Approaching Zero: Stored Procedure Changes

This is part four in a series on near-zero downtime deployments.

In the first three parts of this series, I’ve laid out conceptual groundwork around what helps in reducing database downtime for releases. Now I’m going to start getting into specific details. The next several posts will look at making different types of database changes and walk through a number of examples. In each case, I intend to show a quick table of what steps happen when in the process. This allows you to chain together the individual elements in these posts and create more complicated results, seeing what needs to happen in order.
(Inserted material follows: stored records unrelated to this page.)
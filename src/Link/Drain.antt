-- ===== src/Link/Drain.antt =====
-- The transmitter of model/custom-p2p-net-device.cc over time: every reachable line, and the end of it.
use p4simulator.Base.{
  ℕ, zero, suc, ◌≤◌, ◌≡◌, ◌≢◌, refl, sym, ap, subst, ◌∙◌, Option, none, some, [], ◌++◌, inl, inr,
  length, arith,
}
use mathlib.Core.Option.{some-injective, none-ne-some}
use p4simulator.Link.{
  Library, Device, TxMachineState, ready, busy, set_data_rate, set_interframe_gap,
  set_custom_header, set_with_custom_header,
}
use p4simulator.Link.Channel.{P4P2PChannel}
use p4simulator.Link.Line.{
  QueueLaws, Carries, Line, Step, send, complete, rate, gap, header, with_header, Reach, here, next,
  start, Fresh, NotBefore, send_at, fire, fire_first, drain,
}
use p4simulator.Link.LineKept.{Kept, StateKept, packets, List-cases, append_nil}
use p4simulator.Link.Transmitting.{state-cases, complete-ends, send-ends}

module _ (L : Library) (Q : QueueLaws L) (channel : P4P2PChannel) (self other delay : ℕ)
    (carries : Carries L.Packet channel self other delay) where
  state-configured :
      (st : TxMachineState) (w : Line L) (d : Device L)
      → d.queue ≡ w.device.queue
      → d.current_pkt ≡ w.device.current_pkt
      → StateKept L Q delay other st w
      → StateKept L Q delay other st (record w { device = d })
  state-configured ready w d f g (a, b, c) = (ap Q.contents f ∙ a, b, c)
  state-configured busy w d f g (a, t, b, le, c) = (λ e. a (sym g ∙ e), t, b, le, c)

  -- A change of the settings leaves the transmitter and the queue alone.
  configured :
      (w : Line L) (d : Device L)
      → d.link_up ≡ w.device.link_up
      → d.queue ≡ w.device.queue
      → d.current_pkt ≡ w.device.current_pkt
      → d.tx_machine_state ≡ w.device.tx_machine_state
      → Kept L Q delay other w
      → Kept L Q delay other (record w { device = d })
  configured w d up e f g k = record {
    up = up ∙ k.up;
    order = ap (λ q. packets w.sent ++ Q.contents q) e ∙ k.order;
    times = k.times;
    state =
        subst (λ st. StateKept L Q delay other st (record w { device = d })) (sym g)
          (state-configured w.device.tx_machine_state w d e f k.state);
  }

  Step-Kept :
      (w w' : Line L) → Step L channel self w w' → Kept L Q delay other w → Kept L Q delay other w'
  unfolding set_data_rate set_interframe_gap set_custom_header set_with_custom_header
  Step-Kept w w' (send t p source dest protocol le nb e) k =
      let (u, f, ku) =
        send-ends L Q channel self other delay carries w t p source dest protocol k le nb in
      subst (Kept L Q delay other) (some-injective _ _ (sym f ∙ e)) ku
  Step-Kept w w' (complete e) k = elim (List-cases w.pending) [
    | inl empty ↦ absurd (none-ne-some _ (sym (ap (fire_first L channel self w) empty) ∙ e))
    | inr (t, ts, full) ↦
        let (u, f, ku, cs) = complete-ends L Q channel self other delay carries w k (λ h. cc) in
        subst (Kept L Q delay other) (some-injective _ _ (sym f ∙ e)) ku
  ]
  Step-Kept w w' (rate bps e) k =
      subst (Kept L Q delay other) (sym e)
        (configured w (set_data_rate w.device bps) refl refl refl refl k)
  Step-Kept w w' (gap t e) k =
      subst (Kept L Q delay other) (sym e)
        (configured w (set_interframe_gap w.device t) refl refl refl refl k)
  Step-Kept w w' (header h e) k =
      subst (Kept L Q delay other) (sym e)
        (configured w (set_custom_header w.device h) refl refl refl refl k)
  Step-Kept w w' (with_header b e) k =
      subst (Kept L Q delay other) (sym e)
        (configured w (set_with_custom_header w.device b) refl refl refl refl k)

  start-Kept : (d : Device L) → Fresh L Q d → Kept L Q delay other (start L channel self d)
  start-Kept d fresh = record {
    up = fresh.up;
    order = fresh.empty;
    times = tt;
    state =
        subst (λ st. StateKept L Q delay other st (start L channel self d)) (sym fresh.idle)
          (fresh.empty, refl, tt);
  }

  -- From an idle device, whatever is sent, completed and set in whatever order: an idle transmitter has
  -- nothing queued and nothing scheduled, a busy one has a packet and exactly one completion scheduled;
  -- what the queue accepted is what was put on the channel followed by what is queued, in the same
  -- order; and the receptions are all at the channel's other end, in the order of their times.
  pub Reach-Kept :
      (d : Device L) (w : Line L)
      → Fresh L Q d
      → Reach L channel self (start L channel self d) w
      → Kept L Q delay other w
  Reach-Kept d w fresh here = start-Kept d fresh
  Reach-Kept d w fresh (next r s) = Step-Kept _ w s (Reach-Kept d _ fresh r)

  -- No assertion of `SendFrom`, `TransmitStart`, `TransmitComplete` or the channel fails: from an idle
  -- device, on every reachable line, a packet can be sent at any time up to the completion that is
  -- scheduled, and a completion that is scheduled can run.
  pub never_refused :
      (d : Device L) (w : Line L)
      → Fresh L Q d
      → Reach L channel self (start L channel self d) w
      → ((t : ℕ) (p : L.Packet) (source dest : L.Address) (protocol : ℕ)
          → w.now ≤ t
          → NotBefore t w.pending
          → send_at L channel self w t p source dest protocol ≢ none)
        × (w.pending ≢ [] → fire L channel self w ≢ none)
  never_refused d w fresh r =
      let k = Reach-Kept d w fresh r in
      (
        λ t p source dest protocol le nb e.
            let (u, f, ku) =
              send-ends L Q channel self other delay carries w t p source dest protocol k le nb in
            none-ne-some _ (sym e ∙ f),
        λ some_left e.
            let (u, f, ku, cs) = complete-ends L Q channel self other delay carries w k some_left in
            none-ne-some _ (sym e ∙ f),
      )

  -- How many completions until the transmitter is idle, when nothing more is sent.
  abbrev pub completions_left : TxMachineState → ℕ → ℕ
  completions_left ready queued = 0
  completions_left busy queued = suc queued

  abbrev pub Drained : Line L → Line L → Type 0
  Drained w w' =
      (w'.device.tx_machine_state ≡ ready)
      × (w'.pending ≡ [])
      × (w'.accepted ≡ w.accepted)
      × (packets w'.sent ≡ w.accepted)

  Kept-Drained :
      (w : Line L) → Kept L Q delay other w → w.device.tx_machine_state ≡ ready → Drained w w
  Kept-Drained w k e =
      let (a, b, c) = subst (λ st. StateKept L Q delay other st w) e k.state in
      (
        e,
        b,
        refl,
        sym (append_nil (packets w.sent)) ∙ ap (λ l. packets w.sent ++ l) (sym a) ∙ k.order,
      )

  drain-fire :
      (n : ℕ) (w u : Line L)
      → fire L channel self w ≡ some u
      → drain L channel self (suc n) w ≡ drain L channel self n u
  drain-fire n w u f =
      ap (λ (o : Option (Line L)). elim o [ none ↦ none | some w' ↦ drain L channel self n w' ]) f

  busy-Drained :
      (n : ℕ) (w : Line L)
      → Kept L Q delay other w
      → w.device.tx_machine_state ≡ busy
      → n ≡ length (Q.contents w.device.queue)
      → (w' : Line L) × (drain L channel self (suc n) w ≡ some w') × Drained w w'
  busy-Drained zero w k e le =
      let (some_left, t, b, c, d) = subst (λ st. StateKept L Q delay other st w) e k.state in
      let (u, f, ku, cs) = complete-ends L Q channel self other delay carries w k (λ h. cc) in
      elim cs.1 [
        | inl (empty, idle) ↦
            let (r, none_left, same, all) = Kept-Drained u ku idle in
            (u, drain-fire zero w u f, (r, none_left, cs.0, all ∙ cs.0))
        | inr (p, ps, full, rest, still) ↦ absurd (omega (arith, le, ap length full))
      ]
  busy-Drained (suc n) w k e le =
      let (some_left, t, b, c, d) = subst (λ st. StateKept L Q delay other st w) e k.state in
      let (u, f, ku, cs) = complete-ends L Q channel self other delay carries w k (λ h. cc) in
      elim cs.1 [
        | inl (empty, idle) ↦ absurd (omega (arith, le, ap length empty))
        | inr (p, ps, full, rest, still) ↦
            let (v, g, dv) =
              busy-Drained n u ku still (omega (arith, le, ap length full, ap length rest)) in
            (v, drain-fire (suc n) w u f ∙ g, (dv.0, dv.1, dv.2 ∙ cs.0, dv.3 ∙ cs.0))
      ]

  -- When nothing more is sent, one completion for each packet that is queued and one for the packet that
  -- is on the wire leave the transmitter idle, with everything that was accepted put on the channel, in
  -- its order: from an idle device, on every reachable line.
  pub drained :
      (d : Device L) (w : Line L)
      → Fresh L Q d
      → Reach L channel self (start L channel self d) w
      → (w' : Line L) × (drain L channel self
            (completions_left w.device.tx_machine_state (length (Q.contents w.device.queue)))
            w
          ≡ some w')
        × Drained w w'
  drained d w fresh r =
      let k = Reach-Kept d w fresh r in
      let n : ℕ = length (Q.contents w.device.queue) in
      let Ends = λ (st : TxMachineState).
        (w' : Line L) × (drain L channel self (completions_left st n) w ≡ some w') × Drained w w' in
      elim (state-cases L Q channel self other delay carries w.device.tx_machine_state w k.state) [
        | inl (e, a) ↦ subst Ends (sym e) (w, refl, Kept-Drained w k e)
        | inr (e, a) ↦ subst Ends (sym e) (busy-Drained n w k e refl)
      ]
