-- ===== src/Link/Rounds.antt =====
-- model/custom-p2p-net-device.cc, `RestoreHeaders`: what a round of its parsing loop does to the packet and the
-- protocol.
use p4simulator.Base.{
  ℕ, zero, suc, ◌≤◌, ◌<◌, ◌≡◌, ◌≢◌, refl, sym, ap, ◌∙◌, true, false, none, List, ◌∷◌, arith, inl,
  inr, ◌⊎◌, ℕ_discrete, ==-false,
}
use p4simulator.Link.{HeaderClass, Library, Device, p4_protocol_number}
use p4simulator.Link.Restore.{
  Parsed, check, remove_if, removed, check_if_ethernet_header, check_if_ipv4_header,
  check_if_arp_header, check_if_udp_header, check_if_tcp_header, check_if_custom_header,
  then_custom, parse_step, parse, without_ethernet, new_headers,
}

module _ (L : Library) where
  -- To remove a header that is there leaves fewer bytes.
  abbrev pub Shrinks : {H : Type 0} → HeaderClass L.Packet H → Type 0
  Shrinks {H} c =
      (p : L.Packet) (h : H)
      → (c.peek_header p h).0 ≢ 0
      → L.get_size (c.remove_header p (c.peek_header p h).1).0 < L.get_size p

  -- A step takes a header off, or leaves no more and is the last.
  abbrev pub Fewer : Parsed L → Parsed L × ℕ → Type 0
  Fewer s (t, protocol) =
      (L.get_size t.packet < L.get_size s.packet)
      ⊎ ((L.get_size t.packet ≤ L.get_size s.packet) × (protocol ≡ 0))

  pub check-Shrinks :
      {H : Type 0} (c : HeaderClass L.Packet H) (p : L.Packet) (h : H)
      → Shrinks c
      → ((L.get_size (check c p h).0 < L.get_size p) × ((check c p h).2 ≡ true))
        ⊎ (((check c p h).0 ≡ p) × ((check c p h).2 ≡ false))
  unfolding check remove_if removed
  check-Shrinks c p h shrinks = elim (ℕ_discrete (c.peek_header p h).0 0) [
    | yes e ↦ inr (rw e (refl, refl))
    | no ne ↦ inl (rw (==-false _ 0 ne) (shrinks p h ne, refl))
  ]

  -- The packet and the protocol after a number of rounds of the parsing loop.
  abbrev pub rounds : ℕ → Device L → Parsed L × ℕ → Parsed L × ℕ
  rounds zero d r = r
  rounds (suc k) d (s, protocol) = rounds k d (parse_step L d s protocol)

  -- The packet's next header is an IPv4 or a custom header that names protocol 1.
  abbrev pub NamesOne : Device L → Parsed L × ℕ → Type 0
  NamesOne d (s, protocol) =
      ((protocol ≡ 0x0800) × ((check_if_ipv4_header L s).1 ≡ 1))
      ⊎ ((protocol ≡ p4_protocol_number) × ((check_if_custom_header L d s).1 ≡ 1))

  -- The loop starts at protocol 1, or gets to a header that names it.
  abbrev pub GetsToOne : Device L → Parsed L × ℕ → Type 0
  GetsToOne d r = (r.1 ≡ 1) ⊎ ((k : ℕ) × NamesOne d (rounds k d r))

  -- Where the loop starts: behind the Ethernet header.
  abbrev pub loop_start : Device L → L.Packet → Parsed L × ℕ
  loop_start d p = without_ethernet L d (check_if_ethernet_header L (new_headers L p))

  pub step-other :
      (d : Device L) (s : Parsed L) (protocol : ℕ)
      → protocol ≢ 1
      → protocol ≢ 0x0800
      → protocol ≢ 0xDC
      → (parse_step L d s protocol).1 ≢ 1
  unfolding parse_step check_if_arp_header check_if_udp_header check_if_tcp_header then_custom
  step-other d s protocol ne_1 ne_ip ne_custom = ground arith

  pub step-NamesOne :
      (d : Device L) (s : Parsed L) (protocol : ℕ)
      → protocol ≢ 1
      → (parse_step L d s protocol).1 ≡ 1
      → NamesOne d (s, protocol)
  unfolding parse_step
  step-NamesOne d s protocol ne e = elim (ℕ_discrete protocol 0x0800) [
    | yes at ↦ inl (at, ap (λ m. (parse_step L d s m).1) (sym at) ∙ e)
    | no ne_ip ↦ elim (ℕ_discrete protocol 0xDC) [
      | yes at ↦ inr (at, ap (λ m. (parse_step L d s m).1) (sym at) ∙ e)
      | no ne_custom ↦ absurd (step-other d s protocol ne ne_ip ne_custom e)
    ]
  ]

  pub step-GetsToOne :
      (d : Device L) (s : Parsed L) (protocol : ℕ)
      → protocol ≢ 1
      → GetsToOne d (parse_step L d s protocol)
      → GetsToOne d (s, protocol)
  step-GetsToOne d s protocol ne (inl e) = inr (0, step-NamesOne d s protocol ne e)
  step-GetsToOne d s protocol ne (inr (k, h)) = inr (suc k, h)

  pub parse-endless :
      (n : ℕ) (d : Device L) (s : Parsed L) (stack : List ℕ) → parse L n d (s, 1) stack ≡ none
  unfolding parse parse_step
  parse-endless zero d s stack = refl
  parse-endless (suc n) d s stack = parse-endless n d s (1 ∷ stack)
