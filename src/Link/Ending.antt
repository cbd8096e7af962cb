-- ===== src/Link/Ending.antt =====
-- model/custom-p2p-net-device.cc, `RestoreHeaders`: its parsing loop ends, or never does.
use p4simulator.Base.{
  ℕ, zero, suc, ◌+◌, ◌*◌, ◌≤◌, ◌<◌, ◌≡◌, ◌≢◌, refl, sym, ap, subst, ◌∙◌, none, some, List, [], ◌∷◌,
  ◌==◌, ◌||◌, if◌then◌else◌, arith, Bool-cases, inl, inr, ◌⊎◌, ℕ_discrete, ==-false,
}
use p4simulator.CustomHeader.{CustomHeader}
use p4simulator.Link.{Library, Device, p4_protocol_number}
use p4simulator.Link.Restore.{
  Parsed, check_if_ethernet_header, check_if_ipv4_header, check_if_arp_header, check_if_udp_header,
  check_if_tcp_header, check_if_custom_header, then_custom, parse_step, parse, without_ethernet,
  new_headers, reverse, reversed, restore_headers,
}
use p4simulator.Link.Added.{parse-next, parse-done}
use p4simulator.Link.Rounds.{
  Shrinks, Fewer, check-Shrinks, GetsToOne, loop_start, step-GetsToOne, parse-endless,
}

module _ (L : Library) where
  module _ (ipv4_shrinks : Shrinks L L.ipv4) (arp_shrinks : Shrinks L L.arp)
      (udp_shrinks : Shrinks L L.udp) (tcp_shrinks : Shrinks L L.tcp)
      (custom_shrinks : Shrinks L L.custom) where
    ipv4-Fewer : (s : Parsed L) → Fewer L s (check_if_ipv4_header L s)
    unfolding check_if_ipv4_header
    ipv4-Fewer s = elim (check-Shrinks L L.ipv4 s.packet s.ip_hd ipv4_shrinks) [
      | inl (less, found) ↦ inl less
      | inr (same, not_found) ↦ inr (rw same (omega arith), rw not_found refl)
    ]

    custom-Fewer : (d : Device L) (s : Parsed L) → Fewer L s (check_if_custom_header L d s)
    unfolding check_if_custom_header
    custom-Fewer d s = elim (check-Shrinks L L.custom s.packet d.header custom_shrinks) [
      | inl (less, found) ↦ inl less
      | inr (same, not_found) ↦ inr (rw same (omega arith), rw not_found refl)
    ]

    arp-Fewer : (s : Parsed L) → Fewer L s (check_if_arp_header L s)
    unfolding check_if_arp_header
    arp-Fewer s = elim (check-Shrinks L L.arp s.packet s.arp_hd arp_shrinks) [
      | inl (less, found) ↦ inl less
      | inr (same, not_found) ↦ inr (rw same (omega arith), refl)
    ]

    udp-Fewer : (s : Parsed L) → Fewer L s (check_if_udp_header L s)
    unfolding check_if_udp_header
    udp-Fewer s = elim (check-Shrinks L L.udp s.packet s.udp_hd udp_shrinks) [
      | inl (less, found) ↦ inl less
      | inr (same, not_found) ↦ inr (rw same (omega arith), refl)
    ]

    tcp-Fewer : (s : Parsed L) → Fewer L s (check_if_tcp_header L s)
    unfolding check_if_tcp_header
    tcp-Fewer s = elim (check-Shrinks L L.tcp s.packet s.tcp_hd tcp_shrinks) [
      | inl (less, found) ↦ inl less
      | inr (same, not_found) ↦ inr (rw same (omega arith), refl)
    ]

    ethernet-Fewer :
        Shrinks L L.ethernet → (s : Parsed L) → Fewer L s (check_if_ethernet_header L s)
    unfolding check_if_ethernet_header
    ethernet-Fewer shrinks s = elim (check-Shrinks L L.ethernet s.packet s.eeh_hd shrinks) [
      | inl (less, found) ↦ inl less
      | inr (same, not_found) ↦ inr (rw same (omega arith), rw not_found refl)
    ]

    -- Behind a transport header the custom header may follow without a header taken off.
    abbrev weight : ℕ → ℕ
    weight protocol =
        if protocol == 0 then 0 else if (protocol == 0x11) || (protocol == 0x06) then 2 else 1

    abbrev measure : Parsed L × ℕ → ℕ
    measure (s, protocol) = 2 * L.get_size s.packet + weight protocol

    weight-bound : (protocol : ℕ) → weight protocol ≤ 2
    weight-bound protocol = ground arith

    Fewer-measure :
        (s : Parsed L) (r : Parsed L × ℕ) → Fewer L s r → measure r < suc (2 * L.get_size s.packet)
    Fewer-measure s (t, protocol) (inl less) = omega (arith, weight-bound protocol, less)
    Fewer-measure s (t, protocol) (inr (le, e)) = rw e (omega (arith, le))

    then_custom-measure :
        (h : CustomHeader) (s : Parsed L) (r : Parsed L × ℕ)
        → Fewer L s r
        → r.1 ≡ 0
        → measure (then_custom L h r) < suc (suc (2 * L.get_size s.packet))
    unfolding then_custom
    then_custom-measure h s (t, protocol) f e = elim f [
      | inl less ↦ ground (arith, e, less)
      | inr (le, z) ↦ ground (arith, e, le)
    ]

    abbrev Nears : Device L → Parsed L → ℕ → Type 0
    Nears d s protocol = measure (parse_step L d s protocol) < measure (s, protocol)

    udp-Nears : (d : Device L) (s : Parsed L) → Nears d s 0x11
    unfolding parse_step check_if_udp_header
    udp-Nears d s =
        omega (arith, then_custom-measure d.header s (check_if_udp_header L s) (udp-Fewer s) refl)

    tcp-Nears : (d : Device L) (s : Parsed L) → Nears d s 0x06
    unfolding parse_step check_if_tcp_header
    tcp-Nears d s =
        omega (arith, then_custom-measure d.header s (check_if_tcp_header L s) (tcp-Fewer s) refl)

    listed-Nears :
        (d : Device L) (s : Parsed L)
        → Nears d s 0x0800 × Nears d s 0x0806 × Nears d s 0x86DD × Nears d s p4_protocol_number
    unfolding parse_step
    listed-Nears d s = (
      omega (arith, Fewer-measure s (check_if_ipv4_header L s) (ipv4-Fewer s)),
      omega (arith, Fewer-measure s (check_if_arp_header L s) (arp-Fewer s)),
      omega arith,
      omega (arith, Fewer-measure s (check_if_custom_header L d s) (custom-Fewer d s)),
    )

    -- Every step but that of protocol 1 comes nearer to the end.
    step-Nears :
        (d : Device L) (s : Parsed L) (protocol : ℕ)
        → protocol ≢ 0
        → protocol ≢ 1
        → Nears d s protocol
    unfolding parse_step
    step-Nears d s protocol ne_0 ne_1 =
        let at = λ (k : ℕ) (e : protocol ≡ k) (h : Nears d s k). subst (Nears d s) (sym e) h in
        let (ip, arp, ip6, custom) = listed-Nears d s in
        elim (ℕ_discrete protocol 0x0800) [
          | yes e ↦ at 0x0800 e ip
          | no ne_2 ↦ elim (ℕ_discrete protocol 0x0806) [
            | yes e ↦ at 0x0806 e arp
            | no ne_3 ↦ elim (ℕ_discrete protocol 0x86DD) [
              | yes e ↦ at 0x86DD e ip6
              | no ne_4 ↦ elim (ℕ_discrete protocol 0x11) [
                | yes e ↦ at 0x11 e (udp-Nears d s)
                | no ne_5 ↦ elim (ℕ_discrete protocol 0x06) [
                  | yes e ↦ at 0x06 e (tcp-Nears d s)
                  | no ne_6 ↦ elim (ℕ_discrete protocol 0xDC) [
                    | yes e ↦ at 0xDC e custom
                    | no ne_7 ↦
                        rw
                          (
                            ==-false _ _ ne_0,
                            ==-false _ _ ne_1,
                            ==-false _ _ ne_2,
                            ==-false _ _ ne_3,
                            ==-false _ _ ne_4,
                            ==-false _ _ ne_5,
                            ==-false _ _ ne_6,
                            ==-false _ _ ne_7,
                          )
                          (omega arith)
                  ]
                ]
              ]
            ]
          ]
        ]

    abbrev Ends : ℕ → Device L → Parsed L × ℕ → List ℕ → Type 0
    Ends n d r stack =
        ((t : Parsed L × List ℕ) × (parse L n d r stack ≡ some t))
        ⊎ (GetsToOne L d r × ((fuel : ℕ) → parse L fuel d r stack ≡ none))

    parse-earlier :
        (d : Device L) (s : Parsed L) (protocol : ℕ) (stack : List ℕ)
        → protocol ≢ 0
        → ((fuel : ℕ) → parse L fuel d (parse_step L d s protocol) (protocol ∷ stack) ≡ none)
        → (fuel : ℕ) → parse L fuel d (s, protocol) stack ≡ none
    unfolding parse
    parse-earlier d s protocol stack ne h zero = rw (==-false protocol 0 ne) refl
    parse-earlier d s protocol stack ne h (suc fuel) = rw (==-false protocol 0 ne) (h fuel)

    weight-positive : (protocol : ℕ) → protocol ≢ 0 → 0 < weight protocol
    weight-positive protocol ne = ground arith

    -- One step, where what follows ends or never does.
    step-Ends :
        (n : ℕ) (d : Device L) (s : Parsed L) (protocol : ℕ) (stack : List ℕ)
        → protocol ≢ 0
        → protocol ≢ 1
        → Ends n d (parse_step L d s protocol) (protocol ∷ stack)
        → Ends (suc n) d (s, protocol) stack
    step-Ends n d s protocol stack ne ne_1 (inl (t, e)) =
        inl (t, parse-next L n d s protocol stack ne ∙ e)
    step-Ends n d s protocol stack ne ne_1 (inr (one, h)) =
        inr (step-GetsToOne L d s protocol ne_1 one, parse-earlier d s protocol stack ne h)

    done-Ends :
        (n : ℕ) (d : Device L) (s : Parsed L) (protocol : ℕ) (stack : List ℕ)
        → protocol ≡ 0
        → Ends n d (s, protocol) stack
    done-Ends n d s protocol stack e =
        inl ((s, stack), ap (λ m. parse L n d (s, m) stack) e ∙ parse-done L n d s stack)

    measure-Ends :
        (n : ℕ) (d : Device L) (r : Parsed L × ℕ) (stack : List ℕ)
        → measure r ≤ n
        → Ends n d r stack
    measure-Ends zero d (s, protocol) stack le = elim (ℕ_discrete protocol 0) [
      | yes e ↦ done-Ends zero d s protocol stack e
      | no ne ↦ absurd (omega (arith, le, weight-positive protocol ne))
    ]
    measure-Ends (suc n) d (s, protocol) stack le = elim (ℕ_discrete protocol 0) [
      | yes e ↦ done-Ends (suc n) d s protocol stack e
      | no ne_0 ↦ elim (ℕ_discrete protocol 1) [
        | yes e ↦ inr (
          inl e,
          λ fuel. ap (λ m. parse L fuel d (s, m) stack) e ∙ parse-endless L fuel d s stack,
        )
        | no ne_1 ↦ step-Ends n d s protocol stack ne_0 ne_1 (
            measure-Ends n d (parse_step L d s protocol) (protocol ∷ stack)
              (omega (arith, le, step-Nears d s protocol ne_0 ne_1)))
      ]
    ]

    reversed-Ends :
        (n : ℕ) (d : Device L) (p : L.Packet)
        → Ends n d (loop_start L d p) []
        → ((q : L.Packet) × (restore_headers L n d p ≡ some q))
          ⊎ (GetsToOne L d (loop_start L d p) × ((fuel : ℕ) → restore_headers L fuel d p ≡ none))
    unfolding restore_headers reversed
    reversed-Ends n d p (inl (t, e)) = inl (reverse L t.0 t.1, ap (reversed L) e)
    reversed-Ends n d p (inr (one, h)) = inr (one, λ fuel. ap (reversed L) (h fuel))

    Fewer-size :
        (s : Parsed L) (r : Parsed L × ℕ)
        → Fewer L s r
        → L.get_size r.0.packet ≤ L.get_size s.packet
    Fewer-size s r (inl less) = omega arith
    Fewer-size s r (inr (le, e)) = le

    start-size :
        (d : Device L) (s : Parsed L) (r : Parsed L × ℕ)
        → L.get_size r.0.packet ≤ L.get_size s.packet
        → L.get_size (without_ethernet L d r).0.packet ≤ L.get_size s.packet
    unfolding without_ethernet
    start-size d s (t, protocol) le = elim (Bool-cases (protocol == 0)) [
      | inl e ↦
          rw e (omega (arith, le, Fewer-size t (check_if_custom_header L d t) (custom-Fewer d t)))
      | inr e ↦ rw e le
    ]

    -- `RestoreHeaders` returns when its loop may run twice as often as the packet has bytes, and twice
    -- more; or the loop starts at protocol 1, which is the Ethernet type or, where there is none, what a
    -- custom header at the front names, or it gets to an IPv4 header of protocol 1 or to a custom header
    -- that names protocol 1, and then it never returns, however often the loop runs. The header classes
    -- are such that to read a header takes bytes off the packet.
    pub restore_headers-ends :
        Shrinks L L.ethernet
        → (n : ℕ) (d : Device L) (p : L.Packet) → 2 * L.get_size p + 2 ≤ n
        → ((q : L.Packet) × (restore_headers L n d p ≡ some q))
          ⊎ (GetsToOne L d (loop_start L d p) × ((fuel : ℕ) → restore_headers L fuel d p ≡ none))
    unfolding new_headers
    restore_headers-ends shrinks n d p h =
        let s : Parsed L = new_headers L p in
        let r : Parsed L × ℕ = check_if_ethernet_header L s in
        let start : Parsed L × ℕ = without_ethernet L d r in
        reversed-Ends n d p (
          measure-Ends n d start [] (
            omega (
              arith,
              h,
              weight-bound start.1,
              start-size d s r (Fewer-size s r (ethernet-Fewer shrinks s)),
            )))
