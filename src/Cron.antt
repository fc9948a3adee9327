-- ===== src/Cron.antt =====
-- The cron service (nanobot/cron/types.py and nanobot/cron/service.py).
pub mod Types
pub mod World
pub mod Doc
pub mod Store
pub mod Timer
pub mod Jobs
pub mod RoundTrip
pub mod Wake
pub mod Runs
pub mod Shape
pub mod Events
pub mod Saving
pub mod Removal
pub mod Adding
pub mod Listing
pub mod Reload
pub mod Tool
mod Tests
Today’s topic is stored procedures. Dealing with stored procedures is pretty easy, all things considered. But even with these, we have some nuance. Let’s look at a number of different scenarios and see how we can handle each.

New Stored Procedure

PhaseProcess
Database pre-release
Database releaseDeploy new procedure
Code releaseDeploy calling code (optional)
Database post-release

New stored procedures can go out in the database release step. There’s no need to pre-release them because new code won’t call the procedure yet. We can create the stored procedure and deploy it. If you’re generating your own deployment scripts, the CREATE OR ALTER PROCEDURE syntax is a wonderful addition to SQL Server 2016 SP1 and lets you create a procedure quite easily:

CREATE OR ALTER PROCEDURE dbo.SomeProcedure
(
@Parameter1 INT,
@Parameter2 BIGINT
)
AS
SET NOCOUNT ON;

SELECT
	a.Col1,
	a.Col2
FROM dbo.TblA a
WHERE
	a.Parameter1 = @Parameter1
	AND a.Parameter2 = @Parameter2;
GO

Pretty much any automated deployment process will handle this scenario well. Then, once the procedure is out, new code released in the code deployment phase can reference it. The reason I like CREATE OR ALTER so much here is that it is an idempotent process: every time I execute, I get to exactly the same end state. That means my continuous integration process can deploy that change dozens of times over the course of a { sprint / month / week / day } and nobody will care.

A Note on Ordering

In the scenario above, I assumed that your stored procedure lives on its own and the only caller is some block of code someplace or manual execution. There are a few cases where that won’t be true, like nested stored procedures or SQL Agent jobs (or other scheduled tasks) executing stored procedures. In that case, we have to make sure that we deploy things in the right order. Creating procedures in the wrong order isn’t a catastrophe but it does lead to a warning:

CREATE OR ALTER PROCEDURE dbo.p1
AS
EXEC dbo.p2;
GO
CREATE OR ALTER PROCEDURE dbo.p2
AS
SELECT
	1 AS Val;
GO

The module ‘p1’ depends on the missing object ‘dbo.p2’. The module will still be created; however, it cannot run successfully until the object exists.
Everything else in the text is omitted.